Development of filterless, miniaturized fluorescence detection system

This work presents the fluorescence detection limits with commercially available detectors and development of miniaturized fluorescence detector. At the first part presents a method to enhance the fluorescence detection through a miniature cylindrical micro lens that is integrated into an engineered PDMS cuvette with high refractive index TiO2 impeded in. LED transmitter and blue laser diode, 450 nm were used as the excitation light sources and fluorescence detection systems were set at 90-degree without any filters. Square shape detected more fluorescence than circular shaped cuvette. Three different fluorophore holders were used in this work to investigate the micro lens focusing efficiency and TiO2 light reflection efficiency. Focusing efficiency of the lens and reflection efficiency of TiO2 were ranged 137-149% and 143-154 % respectively. The results showed that square cuvette resulted in a minimum detection limit of 30 nM, micro lens and micro lens together with TiO2 inclusion to the cuvettes recorded minimum detection limit as 20 nM and 10 nM respectively. Fluorescein was selected as fluorophore as it has higher quantum yield, and the sample volume was kept as 1 µl in all the experiments. Optical spectrometer used as detector in this part. Si PIN photodiode was used to detect the fluorescence in 1 µl volume. The fluorescein signal was amplified by op-amp receiver circuit. Blue laser was used as the light source at 450 nm of wavelength. Two receiver circuits were developed in order to enhance the fluorescence signal. 10 µM and 50 nM were the minimum detection limit of the photodiode with the receiver circuits. For the development of narrowband photodetector for detection of fluorescence, CsPbBr3 selected as perovskite material as it has excellent photophysical properties. However, poor stability of CsPbBr3 limited their applications in research field.
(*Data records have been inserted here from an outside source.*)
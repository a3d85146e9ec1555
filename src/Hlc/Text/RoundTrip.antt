-- ===== src/Hlc/Text/RoundTrip.antt =====
-- internal/util/hlc/hlc.go: `Parse` reads back what `String` prints.
mod Tests
use mathlib.Core.List.{append_assoc}
use cdc_sink.Base.{
  ℕ, ◌≡◌, ◌≢◌, refl, ap, sym, ◌∙◌, ◌^◌, ◌<◌, ◌≤◌, true, false, Option, none, some, List, [], ◌∷◌,
  ◌++◌, length, All, arith, append_nil, subst, inl, inr, Bool-cases, list_beq, list_beq_iff, nat_eq,
  length-append, eqb,
}
use cdc_sink.Base.Int.{ℤ, pos, negsuc, pos_part, neg_part}
use cdc_sink.Hlc.{Time}
use cdc_sink.Hlc.Order.{IsTime}
use cdc_sink.Hlc.Decimal.{format_int, format_padded, split, split_from, decimal, atoi, parse_int}
use cdc_sink.Hlc.Decimal.Laws.{
  IsDigit, decimal-IsDigit, padded-IsDigit, parse_int-format_int, atoi-format_padded, length-padded,
}
use cdc_sink.Hlc.Text.{to_text, parse, parse_parts, parse_logical, scan, text, bytes}

-- A piece with no separator in it is split off whole.
split_from-digits :
    (piece xs ys : List ℕ)
    → All IsDigit xs
    → split_from b'.' piece (xs ++ (b'.' ∷ ys)) ≡ (piece ++ xs) ∷ split_from b'.' [] ys
unfolding split_from
split_from-digits piece [] ys h = rw append_nil
split_from-digits piece (x ∷ xs) ys h =
    ground (arith, split_from-digits (piece ++ x ∷ []) xs ys h.1, append_assoc piece (x ∷ []) xs)

split_from-end :
    (piece xs : List ℕ) → All IsDigit xs → split_from b'.' piece xs ≡ (piece ++ xs) ∷ []
unfolding split_from
split_from-end piece [] h = rw append_nil
split_from-end piece (x ∷ xs) h =
    ground (arith, split_from-end (piece ++ x ∷ []) xs h.1, append_assoc piece (x ∷ []) xs)

abbrev of_parts : ℕ → ℕ → Time
of_parts n l = record { nanos = pos n; logical = pos l }

split-to_text :
    (n l : ℕ)
    → split b'.' (to_text (of_parts n l)) ≡ format_int (pos n) ∷ format_padded (pos l) ∷ []
unfolding split to_text format_int
split-to_text n l =
    split_from-digits [] (decimal n) (format_padded (pos l)) (decimal-IsDigit n)
    ∙ ap (λ r. decimal n ∷ r) (split_from-end [] (format_padded (pos l)) (padded-IsDigit l))

parse_parts-pair :
    (a b : List ℕ) (n l : ℕ)
    → parse_int a ≡ some (pos n)
    → atoi b ≡ some (pos l)
    → length b ≡ 10
    → parse_parts (a ∷ b ∷ []) ≡ some (of_parts n l)
unfolding parse_parts
parse_parts-pair a b n l ha hb len = ground arith

scan-long : (s : List ℕ) → 1 < length s → (scan (text s) ≡ parse s) × (scan (bytes s) ≡ parse s)
unfolding scan
scan-long s long = elim (Bool-cases (list_beq s (b'0' ∷ []))) [
  | inl e ↦ absurd (omega (arith, ap length ((list_beq_iff s (b'0' ∷ [])).0 e)))
  | inr e ↦ (rw e refl, rw e refl)
]

module _ (n l : ℕ) (fits : n < 2 ^ 63) (small : l < 10 ^ 10) where
  parse-parts : parse (to_text (of_parts n l)) ≡ some (of_parts n l)
  unfolding parse
  parse-parts = rw (split-to_text n l) (
      parse_parts-pair (format_int (pos n)) (format_padded (pos l)) n l
        (parse_int-format_int n fits) (atoi-format_padded l (omega arith)) (length-padded l small))

  long-to_text : 1 < length (to_text (of_parts n l))
  unfolding to_text
  long-to_text = omega (
    arith,
    length-append (format_int (pos n)) (b'.' ∷ format_padded (pos l)),
    length-padded l small,
  )

nonneg : (t : Time) → IsTime t → t ≡ of_parts (pos_part t.nanos) (pos_part t.logical)
nonneg t h = ground arith

-- A time with no negative part and a counter below 10^10 is printed by `String` so that `Parse`,
-- and `Scan` of either kind of text, give the same time back.
pub parse-to_text :
    (t : Time)
    → IsTime t
    → pos_part t.logical < 10 ^ 10
    → (parse (to_text t) ≡ some t)
      × (scan (text (to_text t)) ≡ some t)
      × (scan (bytes (to_text t)) ≡ some t)
parse-to_text t h small =
    let n = pos_part t.nanos in
    let l = pos_part t.logical in
    let e = nonneg t h in
    let back = parse-parts n l h.nanos_fits small in
    let both = scan-long (to_text (of_parts n l)) (long-to_text n l h.nanos_fits small) in
    subst
      (λ u.
        (parse (to_text u) ≡ some u)
        × (scan (text (to_text u)) ≡ some u)
        × (scan (bytes (to_text u)) ≡ some u))
      (sym e) (back, both.0 ∙ back, both.1 ∙ back)

-- Times with no negative part and counters below 10^10 that print alike are the same time.
pub to_text_injective :
    (t u : Time)
    → IsTime t
    → IsTime u
    → pos_part t.logical < 10 ^ 10
    → pos_part u.logical < 10 ^ 10
    → to_text t ≡ to_text u
    → t ≡ u
to_text_injective t u ht hu st su e =
    let same : some t ≡ some u =
      sym (parse-to_text t ht st).0 ∙ ap parse e ∙ (parse-to_text u hu su).0 in
    cc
The core shell structure has ability to enhance the stability of the CsPbBr3 QDs while reducing the surface defects of QDs. CsPbBr3 QDs were coated by thin layer of TiO2. 450 0C of temperature was selected as calcination temperature as it gave improved XRD spectrum. CsPbBr3 QDs/TiO2 core shell material-based photodetector was fabricated. The material was drop casted on to the Au electrode and measure the current by digital multimeter. The responsivity and stability of the material was good. Several issues in QDs layer-based devices should be addressed to improve the performance of the photodetector.